THE PROBLEM: Somewhere below, one line contains "insert_by_comm (k, dumps" and a later line contains "unfolding validate". Output those two lines and everything between them exactly, and nothing else.
──────── DATA PROVIDED
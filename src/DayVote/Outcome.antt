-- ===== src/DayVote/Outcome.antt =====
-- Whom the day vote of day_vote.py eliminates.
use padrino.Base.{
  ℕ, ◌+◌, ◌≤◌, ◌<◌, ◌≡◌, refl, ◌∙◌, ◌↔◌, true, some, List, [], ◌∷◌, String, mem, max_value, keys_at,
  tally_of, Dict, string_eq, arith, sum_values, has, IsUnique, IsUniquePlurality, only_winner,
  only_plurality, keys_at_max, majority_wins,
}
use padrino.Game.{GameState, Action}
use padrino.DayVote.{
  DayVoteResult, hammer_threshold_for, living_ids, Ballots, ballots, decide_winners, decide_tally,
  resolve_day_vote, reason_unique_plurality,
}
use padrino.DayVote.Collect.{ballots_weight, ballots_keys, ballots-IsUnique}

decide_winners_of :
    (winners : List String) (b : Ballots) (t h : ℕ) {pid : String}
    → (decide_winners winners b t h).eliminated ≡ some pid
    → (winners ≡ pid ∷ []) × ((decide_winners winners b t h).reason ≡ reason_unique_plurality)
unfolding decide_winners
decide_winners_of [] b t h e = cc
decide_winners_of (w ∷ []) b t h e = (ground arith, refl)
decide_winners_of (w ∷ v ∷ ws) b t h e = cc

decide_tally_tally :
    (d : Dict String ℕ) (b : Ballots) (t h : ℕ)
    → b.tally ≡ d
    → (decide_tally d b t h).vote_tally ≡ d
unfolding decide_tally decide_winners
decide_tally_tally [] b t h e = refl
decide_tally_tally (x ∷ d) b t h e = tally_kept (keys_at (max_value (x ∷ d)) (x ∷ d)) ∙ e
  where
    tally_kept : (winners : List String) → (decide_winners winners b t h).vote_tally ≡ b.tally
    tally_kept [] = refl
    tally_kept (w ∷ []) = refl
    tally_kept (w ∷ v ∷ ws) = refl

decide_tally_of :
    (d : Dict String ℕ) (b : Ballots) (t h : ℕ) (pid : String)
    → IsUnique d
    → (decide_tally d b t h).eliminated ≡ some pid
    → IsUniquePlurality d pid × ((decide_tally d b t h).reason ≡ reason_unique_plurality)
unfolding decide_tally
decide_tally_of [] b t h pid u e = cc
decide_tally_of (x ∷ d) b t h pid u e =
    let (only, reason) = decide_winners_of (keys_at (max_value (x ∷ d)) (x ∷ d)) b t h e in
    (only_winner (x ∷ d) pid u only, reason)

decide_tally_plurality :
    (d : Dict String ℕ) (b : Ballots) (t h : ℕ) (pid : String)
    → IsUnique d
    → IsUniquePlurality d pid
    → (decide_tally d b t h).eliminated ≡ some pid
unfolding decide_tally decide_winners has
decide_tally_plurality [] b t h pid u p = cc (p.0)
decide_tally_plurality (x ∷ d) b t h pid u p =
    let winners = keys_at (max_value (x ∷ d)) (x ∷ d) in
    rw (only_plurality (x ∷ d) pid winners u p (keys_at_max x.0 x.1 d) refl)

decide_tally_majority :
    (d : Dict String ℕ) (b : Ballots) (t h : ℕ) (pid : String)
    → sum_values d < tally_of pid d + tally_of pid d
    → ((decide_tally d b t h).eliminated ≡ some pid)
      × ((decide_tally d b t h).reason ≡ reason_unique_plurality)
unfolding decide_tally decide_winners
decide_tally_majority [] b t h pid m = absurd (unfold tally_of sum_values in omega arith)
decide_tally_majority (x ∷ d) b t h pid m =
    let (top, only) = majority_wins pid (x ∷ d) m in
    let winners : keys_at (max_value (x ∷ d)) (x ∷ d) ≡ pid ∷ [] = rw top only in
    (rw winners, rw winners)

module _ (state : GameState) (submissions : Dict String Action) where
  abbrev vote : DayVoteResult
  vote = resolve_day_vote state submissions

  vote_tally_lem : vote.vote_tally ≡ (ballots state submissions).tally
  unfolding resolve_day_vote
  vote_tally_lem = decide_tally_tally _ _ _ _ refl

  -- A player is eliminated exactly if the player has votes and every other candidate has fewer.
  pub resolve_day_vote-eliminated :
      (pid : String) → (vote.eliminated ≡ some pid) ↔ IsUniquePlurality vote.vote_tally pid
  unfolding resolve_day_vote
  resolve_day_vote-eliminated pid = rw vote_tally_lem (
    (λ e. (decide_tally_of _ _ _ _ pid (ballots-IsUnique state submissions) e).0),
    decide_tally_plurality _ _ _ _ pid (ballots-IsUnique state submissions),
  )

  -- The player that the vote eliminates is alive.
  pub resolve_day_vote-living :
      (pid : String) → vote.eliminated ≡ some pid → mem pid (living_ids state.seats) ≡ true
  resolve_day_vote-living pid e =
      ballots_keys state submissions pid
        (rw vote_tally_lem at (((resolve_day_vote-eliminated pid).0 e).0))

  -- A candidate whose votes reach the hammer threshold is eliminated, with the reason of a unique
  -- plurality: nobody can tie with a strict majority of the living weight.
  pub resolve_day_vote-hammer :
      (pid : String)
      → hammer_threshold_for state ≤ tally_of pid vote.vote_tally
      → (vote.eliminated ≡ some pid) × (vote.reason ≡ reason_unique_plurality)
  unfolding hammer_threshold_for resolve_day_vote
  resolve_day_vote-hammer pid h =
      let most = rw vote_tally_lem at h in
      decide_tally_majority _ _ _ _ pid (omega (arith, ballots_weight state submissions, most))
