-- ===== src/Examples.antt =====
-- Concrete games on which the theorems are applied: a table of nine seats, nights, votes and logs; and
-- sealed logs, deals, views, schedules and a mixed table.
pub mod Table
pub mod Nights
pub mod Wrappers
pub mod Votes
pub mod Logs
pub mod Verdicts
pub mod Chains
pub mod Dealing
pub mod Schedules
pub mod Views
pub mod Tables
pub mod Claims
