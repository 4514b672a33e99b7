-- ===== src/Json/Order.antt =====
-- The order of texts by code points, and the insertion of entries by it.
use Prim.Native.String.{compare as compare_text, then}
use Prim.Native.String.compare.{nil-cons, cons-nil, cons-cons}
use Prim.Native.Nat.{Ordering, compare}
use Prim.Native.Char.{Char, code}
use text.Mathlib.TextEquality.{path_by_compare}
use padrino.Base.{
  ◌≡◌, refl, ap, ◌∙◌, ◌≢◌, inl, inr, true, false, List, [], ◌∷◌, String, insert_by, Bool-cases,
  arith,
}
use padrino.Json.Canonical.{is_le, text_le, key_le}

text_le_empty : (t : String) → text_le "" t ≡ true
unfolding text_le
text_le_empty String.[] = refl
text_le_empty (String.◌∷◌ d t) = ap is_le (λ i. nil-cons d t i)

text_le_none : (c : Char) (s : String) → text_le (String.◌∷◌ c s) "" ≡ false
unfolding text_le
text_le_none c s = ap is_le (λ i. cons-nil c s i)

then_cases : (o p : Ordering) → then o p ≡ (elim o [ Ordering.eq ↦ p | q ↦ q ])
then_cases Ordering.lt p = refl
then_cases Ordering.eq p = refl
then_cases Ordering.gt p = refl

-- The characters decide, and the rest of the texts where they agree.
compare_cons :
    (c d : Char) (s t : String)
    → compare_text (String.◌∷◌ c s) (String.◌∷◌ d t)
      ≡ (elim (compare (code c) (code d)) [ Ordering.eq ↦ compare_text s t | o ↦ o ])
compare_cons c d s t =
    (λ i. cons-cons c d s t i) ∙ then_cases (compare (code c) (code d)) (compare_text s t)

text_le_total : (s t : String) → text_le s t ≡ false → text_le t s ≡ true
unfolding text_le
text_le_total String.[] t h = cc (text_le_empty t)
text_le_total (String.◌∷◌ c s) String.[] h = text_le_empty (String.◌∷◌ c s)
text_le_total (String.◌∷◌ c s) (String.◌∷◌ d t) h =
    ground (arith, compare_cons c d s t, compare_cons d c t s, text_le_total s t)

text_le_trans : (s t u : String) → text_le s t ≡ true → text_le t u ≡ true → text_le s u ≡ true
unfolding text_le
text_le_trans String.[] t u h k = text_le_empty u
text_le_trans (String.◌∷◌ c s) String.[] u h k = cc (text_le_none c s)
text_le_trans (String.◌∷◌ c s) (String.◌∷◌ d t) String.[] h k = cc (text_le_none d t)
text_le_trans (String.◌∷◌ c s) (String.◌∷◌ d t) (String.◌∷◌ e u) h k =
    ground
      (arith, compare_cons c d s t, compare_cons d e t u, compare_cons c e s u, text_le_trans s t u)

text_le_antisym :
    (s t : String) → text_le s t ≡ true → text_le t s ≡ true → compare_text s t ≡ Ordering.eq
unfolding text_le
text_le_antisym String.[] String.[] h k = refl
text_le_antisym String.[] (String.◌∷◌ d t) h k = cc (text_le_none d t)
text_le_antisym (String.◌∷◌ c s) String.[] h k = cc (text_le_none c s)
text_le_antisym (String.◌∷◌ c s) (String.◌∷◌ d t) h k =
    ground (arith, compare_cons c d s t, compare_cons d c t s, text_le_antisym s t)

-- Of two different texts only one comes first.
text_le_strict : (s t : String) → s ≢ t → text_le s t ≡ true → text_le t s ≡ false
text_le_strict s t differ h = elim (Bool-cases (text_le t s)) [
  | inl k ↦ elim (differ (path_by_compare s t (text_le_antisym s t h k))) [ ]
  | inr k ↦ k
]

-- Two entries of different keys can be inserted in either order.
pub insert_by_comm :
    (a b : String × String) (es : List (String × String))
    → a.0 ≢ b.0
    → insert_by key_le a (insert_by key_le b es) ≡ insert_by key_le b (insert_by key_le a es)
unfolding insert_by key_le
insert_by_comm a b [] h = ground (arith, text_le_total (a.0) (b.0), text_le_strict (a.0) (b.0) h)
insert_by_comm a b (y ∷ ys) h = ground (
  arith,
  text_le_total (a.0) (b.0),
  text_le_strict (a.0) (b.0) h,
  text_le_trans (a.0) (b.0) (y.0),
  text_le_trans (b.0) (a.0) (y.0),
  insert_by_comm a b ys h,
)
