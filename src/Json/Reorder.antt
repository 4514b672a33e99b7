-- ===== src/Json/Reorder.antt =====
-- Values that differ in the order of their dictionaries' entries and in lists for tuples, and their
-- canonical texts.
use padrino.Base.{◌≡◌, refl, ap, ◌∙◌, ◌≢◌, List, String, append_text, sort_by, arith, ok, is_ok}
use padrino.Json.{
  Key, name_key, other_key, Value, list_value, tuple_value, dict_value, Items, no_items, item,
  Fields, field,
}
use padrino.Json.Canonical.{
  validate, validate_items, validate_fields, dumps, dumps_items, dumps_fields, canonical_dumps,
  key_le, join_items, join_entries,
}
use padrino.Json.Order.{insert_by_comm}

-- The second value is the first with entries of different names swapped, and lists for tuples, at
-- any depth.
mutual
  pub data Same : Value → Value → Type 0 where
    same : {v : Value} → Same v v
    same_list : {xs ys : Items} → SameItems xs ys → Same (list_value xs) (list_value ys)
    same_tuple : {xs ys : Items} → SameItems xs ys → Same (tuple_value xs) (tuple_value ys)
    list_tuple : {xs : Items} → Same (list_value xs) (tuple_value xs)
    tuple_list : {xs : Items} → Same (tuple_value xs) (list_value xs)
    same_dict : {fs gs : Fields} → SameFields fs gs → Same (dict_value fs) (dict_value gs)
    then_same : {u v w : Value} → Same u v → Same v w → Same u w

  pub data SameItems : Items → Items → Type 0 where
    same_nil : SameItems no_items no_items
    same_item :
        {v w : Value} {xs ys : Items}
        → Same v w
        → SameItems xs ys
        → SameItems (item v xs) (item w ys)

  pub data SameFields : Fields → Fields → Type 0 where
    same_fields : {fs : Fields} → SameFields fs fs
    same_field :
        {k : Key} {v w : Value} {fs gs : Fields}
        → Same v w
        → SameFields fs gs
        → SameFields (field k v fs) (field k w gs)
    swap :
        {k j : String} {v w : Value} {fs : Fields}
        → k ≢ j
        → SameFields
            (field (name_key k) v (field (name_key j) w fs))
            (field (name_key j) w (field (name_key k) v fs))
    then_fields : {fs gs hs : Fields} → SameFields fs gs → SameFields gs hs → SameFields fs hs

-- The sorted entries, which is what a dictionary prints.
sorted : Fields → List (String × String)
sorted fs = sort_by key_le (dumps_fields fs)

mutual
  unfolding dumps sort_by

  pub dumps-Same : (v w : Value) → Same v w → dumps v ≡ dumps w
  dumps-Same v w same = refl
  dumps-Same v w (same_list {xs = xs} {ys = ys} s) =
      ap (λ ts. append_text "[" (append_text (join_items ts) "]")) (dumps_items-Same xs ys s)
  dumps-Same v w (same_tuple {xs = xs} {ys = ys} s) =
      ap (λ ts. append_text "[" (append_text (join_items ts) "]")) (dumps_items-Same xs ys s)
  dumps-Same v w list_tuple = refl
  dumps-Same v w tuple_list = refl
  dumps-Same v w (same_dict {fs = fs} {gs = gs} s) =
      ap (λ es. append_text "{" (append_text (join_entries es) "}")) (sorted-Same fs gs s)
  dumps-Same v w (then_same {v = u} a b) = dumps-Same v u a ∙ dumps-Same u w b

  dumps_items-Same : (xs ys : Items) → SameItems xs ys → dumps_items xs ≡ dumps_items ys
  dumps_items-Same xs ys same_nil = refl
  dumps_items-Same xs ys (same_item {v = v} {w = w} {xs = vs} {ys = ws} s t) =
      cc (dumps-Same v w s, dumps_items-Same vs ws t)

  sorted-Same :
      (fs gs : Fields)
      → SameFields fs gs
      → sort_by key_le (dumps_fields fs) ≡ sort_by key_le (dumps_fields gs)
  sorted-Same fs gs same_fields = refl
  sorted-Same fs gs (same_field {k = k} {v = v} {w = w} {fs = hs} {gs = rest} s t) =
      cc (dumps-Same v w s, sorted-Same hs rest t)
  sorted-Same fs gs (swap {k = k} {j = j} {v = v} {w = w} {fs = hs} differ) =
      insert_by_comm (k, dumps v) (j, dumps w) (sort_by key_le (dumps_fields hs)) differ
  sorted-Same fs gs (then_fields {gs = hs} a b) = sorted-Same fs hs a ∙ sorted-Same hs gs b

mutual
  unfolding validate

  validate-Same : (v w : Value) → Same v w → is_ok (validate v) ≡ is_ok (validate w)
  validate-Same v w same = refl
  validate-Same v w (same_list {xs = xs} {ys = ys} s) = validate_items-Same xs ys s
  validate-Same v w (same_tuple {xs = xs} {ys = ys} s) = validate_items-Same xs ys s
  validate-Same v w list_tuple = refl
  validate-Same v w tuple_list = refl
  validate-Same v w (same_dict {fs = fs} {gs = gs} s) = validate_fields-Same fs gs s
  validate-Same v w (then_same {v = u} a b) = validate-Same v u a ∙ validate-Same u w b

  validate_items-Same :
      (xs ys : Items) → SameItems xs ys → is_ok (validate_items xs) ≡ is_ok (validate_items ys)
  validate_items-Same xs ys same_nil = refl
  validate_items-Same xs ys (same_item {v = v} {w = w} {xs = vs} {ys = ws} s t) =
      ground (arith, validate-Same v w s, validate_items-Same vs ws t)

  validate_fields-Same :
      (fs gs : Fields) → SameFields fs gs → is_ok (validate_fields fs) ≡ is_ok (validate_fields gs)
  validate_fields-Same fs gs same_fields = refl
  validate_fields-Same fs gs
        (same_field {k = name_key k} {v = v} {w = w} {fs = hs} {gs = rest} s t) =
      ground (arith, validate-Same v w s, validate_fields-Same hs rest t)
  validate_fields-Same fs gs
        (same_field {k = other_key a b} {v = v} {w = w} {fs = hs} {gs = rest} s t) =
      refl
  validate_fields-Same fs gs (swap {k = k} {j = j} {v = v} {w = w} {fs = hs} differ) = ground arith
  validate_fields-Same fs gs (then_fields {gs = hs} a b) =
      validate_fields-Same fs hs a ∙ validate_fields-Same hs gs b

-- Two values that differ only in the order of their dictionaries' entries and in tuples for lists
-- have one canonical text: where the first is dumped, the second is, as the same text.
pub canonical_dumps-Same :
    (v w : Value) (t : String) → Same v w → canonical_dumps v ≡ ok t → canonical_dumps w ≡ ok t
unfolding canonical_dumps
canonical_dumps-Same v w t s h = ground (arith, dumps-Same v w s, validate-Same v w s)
────────────────
RESPONSE AREA:
      insert_by_comm (k, dumps v) (j, dumps w) (sort_by key_le (dumps_fields hs)) differ
  sorted-Same fs gs (then_fields {gs = hs} a b) = sorted-Same fs hs a ∙ sorted-Same hs gs b

mutual
  unfolding validate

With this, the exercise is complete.